* [AIM OF THE TASK] Gather every line from the entries below that includes "broadcast".

* [DATA FOR THIS TASK]
══════════

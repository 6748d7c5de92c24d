-- ===== src/Transport/Router/Hears.antt =====
-- Each listener hears the events that come while it is registered.
use cuttle_db.Prelude.{
  ℕ, suc, ◌+◌, Bool, true, false, ◌||◌, List, [], ◌∷◌, ◌++◌, map, append_assoc, append-nil, ◌≡◌,
  ◌≢◌, refl, sym, ap, subst, ==→eq, ◌∙◌, arith, ◌==◌, if◌then◌else◌, Bool-cases, inl, inr, All,
  All-append, Text,
}
use cuttle_db.Transport.Router.{
  failed, Router, Event, parse_event, answer_next, broadcast, is_event, route, fail_all, request,
  request_batch, refuse, member, add_listener, without, remove_listener,
}
use cuttle_db.Transport.Router.Events.{
  Happening, acts, listens, unlistens, happen, happen_all, calls_of, registered, told, follow,
  Distinct, Quiet, parse_event-read_event, reject_each-Quiet, answer_next-Quiet, settle-Quiet,
}
use cuttle_db.Transport.Router.Queue.{ask, ask_batch, ask_refused, arrive, break, perform}

calls_of-append :
    (cb : ℕ) (a b : List (ℕ × Event)) → calls_of cb (a ++ b) ≡ calls_of cb a ++ calls_of cb b
unfolding calls_of
calls_of-append cb [] b = refl
calls_of-append cb ((c, evt) ∷ a) b = elim (Bool-cases (c == cb)) [
  | inl e ↦ rw e (ap (λ (out : List Event). evt ∷ out) (calls_of-append cb a b))
  | inr e ↦ rw e (calls_of-append cb a b)
]

calls_of-others :
    (cb : ℕ) (evt : Event) (cs : List ℕ)
    → All (λ d. d ≢ cb) cs
    → calls_of cb (map (λ (c : ℕ). (c, evt)) cs) ≡ []
unfolding calls_of
calls_of-others cb evt [] h = refl
calls_of-others cb evt (c ∷ cs) h = ground (arith, h.0, calls_of-others cb evt cs h.1)

member-others : (cb : ℕ) (cs : List ℕ) → All (λ d. d ≢ cb) cs → member cb cs ≡ false
unfolding member
member-others cb [] h = refl
member-others cb (c ∷ cs) h = ground (arith, h.0, member-others cb cs h.1)

others-member : (cb : ℕ) (cs : List ℕ) → member cb cs ≡ false → All (λ d. d ≢ cb) cs
unfolding member
others-member cb [] h = tt
others-member cb (c ∷ cs) h = ((ground (arith, h)), others-member cb cs (ground (arith, h)))

away : (c cb : ℕ) (cs : List ℕ) → c ≡ cb → All (λ d. d ≢ c) cs → All (λ d. d ≢ cb) cs
away c cb cs e h = subst (λ (x : ℕ). All (λ d. d ≢ x) cs) e h

-- The loop over the listeners calls each of them once.
calls_of-broadcast :
    (cb : ℕ) (evt : Event) (cs : List ℕ)
    → Distinct cs
    → calls_of cb (map (λ (c : ℕ). (c, evt)) cs) ≡ (if member cb cs then evt ∷ [] else [])
unfolding calls_of member
calls_of-broadcast cb evt [] d = refl
calls_of-broadcast cb evt (c ∷ cs) d = elim (Bool-cases (c == cb)) [
  | inl e ↦ rw e (
      ap (λ (out : List Event). evt ∷ out)
        (calls_of-others cb evt cs (away c cb cs (==→eq c cb e) d.0)))
  | inr e ↦ rw e (calls_of-broadcast cb evt cs d.1)
]

member-concat : (cb c : ℕ) (cs : List ℕ) → member cb (cs ++ c ∷ []) ≡ (c == cb || member cb cs)
unfolding member
member-concat cb c [] = refl
member-concat cb c (x ∷ cs) = ground (arith, member-concat cb c cs)

Distinct-concat :
    (c : ℕ) (cs : List ℕ) → Distinct cs → All (λ d. d ≢ c) cs → Distinct (cs ++ c ∷ [])
Distinct-concat c [] d h = (tt, tt)
Distinct-concat c (x ∷ cs) d h =
    (All-append _ cs (c ∷ []) d.0 ((λ e. h.0 (sym e)), tt), Distinct-concat c cs d.1 h.1)

without-All : (P : ℕ → Type 0) (c : ℕ) (cs : List ℕ) → All P cs → All P (without c cs)
unfolding without
without-All P c [] h = tt
without-All P c (x ∷ cs) h = elim (Bool-cases (x == c)) [
  | inl e ↦ rw e h.1
  | inr e ↦ rw e (h.0, without-All P c cs h.1)
]

without-Distinct : (c : ℕ) (cs : List ℕ) → Distinct cs → Distinct (without c cs)
unfolding without
without-Distinct c [] d = tt
without-Distinct c (x ∷ cs) d = elim (Bool-cases (x == c)) [
  | inl e ↦ rw e d.1
  | inr e ↦ rw e (without-All _ c cs d.0, without-Distinct c cs d.1)
]

member-without :
    (cb c : ℕ) (cs : List ℕ)
    → Distinct cs
    → member cb (without c cs) ≡ (if c == cb then false else member cb cs)
unfolding member without
member-without cb c [] d = ground arith
member-without cb c (x ∷ cs) d = elim (Bool-cases (x == c)) [
  | inl e ↦ rw e (ground (arith, e, member-others c cs (away x c cs (==→eq x c e) d.0)))
  | inr e ↦ rw e (ground (arith, e, member-without cb c cs d.1))
]

-- The listeners stay a set, and the listener `cb` is registered and has heard as it is specified.
Hears : ℕ → Router → Happening → Type 0
Hears cb r h =
    Distinct (happen h r).listeners
    × (member cb (happen h r).listeners ≡ registered cb h (member cb r.listeners))
    × (calls_of cb (happen h r).heard ≡ calls_of cb r.heard ++ told (member cb r.listeners) h)

no_event : (on : Bool) → ◌≡◌ {A = List Event} (if on then [] else []) []
no_event true = refl
no_event false = refl

module _ (cb : ℕ) (r : Router) (d : Distinct r.listeners) where
  Quiet-Hears :
      (r' : Router)
      → Quiet r r'
      → Distinct r'.listeners
        × (member cb r'.listeners ≡ member cb r.listeners)
        × (calls_of cb r'.heard ≡ calls_of cb r.heard ++ [])
  Quiet-Hears r' (l, h) = (
    subst Distinct (sym l) d,
    ap (member cb) l,
    ap (calls_of cb) h ∙ sym (append-nil (calls_of cb r.heard)),
  )

  arrive-Hears : (l : Text) → Hears cb r (acts (arrive l))
  unfolding Hears happen perform route broadcast
  arrive-Hears l = elim (Bool-cases (is_event l)) [
    | inl e ↦ rw e (
      d,
      refl,
      calls_of-append cb r.heard _
          ∙ ap (λ (out : List Event). calls_of cb r.heard ++ out)
              (calls_of-broadcast cb (parse_event l) r.listeners d
                ∙ ap (λ (evt : Event). if member cb r.listeners then evt ∷ [] else [])
                    (parse_event-read_event l)),
    )
    | inr e ↦ rw e (
        rw (no_event (member cb r.listeners))
          (Quiet-Hears (answer_next r.waiters l r) (answer_next-Quiet r.waiters l r)))
  ]

  listen-Hears : (c : ℕ) → Hears cb r (listens c)
  unfolding Hears happen add_listener
  listen-Hears c = elim (Bool-cases (member c r.listeners)) [
    | inl e ↦ rw e (d, (ground (arith, e)), sym (append-nil _))
    | inr e ↦ rw e (
      Distinct-concat c r.listeners d (others-member c r.listeners e),
      member-concat cb c r.listeners,
      sym (append-nil _),
    )
  ]

  unlisten-Hears : (c : ℕ) → Hears cb r (unlistens c)
  unfolding Hears happen remove_listener
  unlisten-Hears c =
      (without-Distinct c r.listeners d, member-without cb c r.listeners d, sym (append-nil _))

  happen-Hears : (h : Happening) → Hears cb r h
  unfolding Hears happen perform request request_batch refuse fail_all
  happen-Hears (acts ask) = Quiet-Hears (request r).1 (refl, refl)
  happen-Hears (acts (ask_batch k)) = Quiet-Hears (request_batch (suc k) r).1 (refl, refl)
  happen-Hears (acts (ask_refused e)) =
      Quiet-Hears (refuse e r).1
        (settle-Quiet r.created (failed e) (record r { created = r.created + 1 }))
  happen-Hears (acts (arrive l)) = arrive-Hears l
  happen-Hears (acts (break e)) =
      Quiet-Hears (fail_all e r) (reject_each-Quiet r.waiters e (record r { waiters = [] }))
  happen-Hears (listens c) = listen-Hears c
  happen-Hears (unlistens c) = unlisten-Hears c

-- Whatever happens on a connection whose listeners form a set, if no callback throws: they form one afterwards, a callback
-- is among them exactly if the last that was done about it registered it, or nothing was and it was
-- among them at first, and it has been called with the events that came while it was registered,
-- each once and in their order; an event is the line's words behind the mark, three as integers,
-- with NaN for one that is missing, and the operation, if there is one.
pub happen_all-hears :
    (cb : ℕ) (hs : List Happening) (r : Router)
    → Distinct r.listeners
    → let (on, out) = follow cb (member cb r.listeners) hs in
      Distinct (happen_all hs r).listeners
      × (member cb (happen_all hs r).listeners ≡ on)
      × (calls_of cb (happen_all hs r).heard ≡ calls_of cb r.heard ++ out)
unfolding happen_all follow Hears
happen_all-hears cb [] r d = (d, refl, sym (append-nil _))
happen_all-hears cb (h ∷ hs) r d =
    let (d', m, k) = happen-Hears cb r d h in
    let (e, on, out) = happen_all-hears cb hs (happen h r) d' in
    (
      e,
      on ∙ ap (λ (b : Bool). (follow cb b hs).0) m,
      out ∙ rw (k, m) (append_assoc (calls_of cb r.heard) _ _),
    )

══════════

* [REPLY TO THE EXERCISE]
  failed, Router, Event, parse_event, answer_next, broadcast, is_event, route, fail_all, request,
calls_of-broadcast :
calls_of-broadcast cb evt [] d = refl
calls_of-broadcast cb evt (c ∷ cs) d = elim (Bool-cases (c == cb)) [
  | inr e ↦ rw e (calls_of-broadcast cb evt cs d.1)
  unfolding Hears happen perform route broadcast
              (calls_of-broadcast cb (parse_event l) r.listeners d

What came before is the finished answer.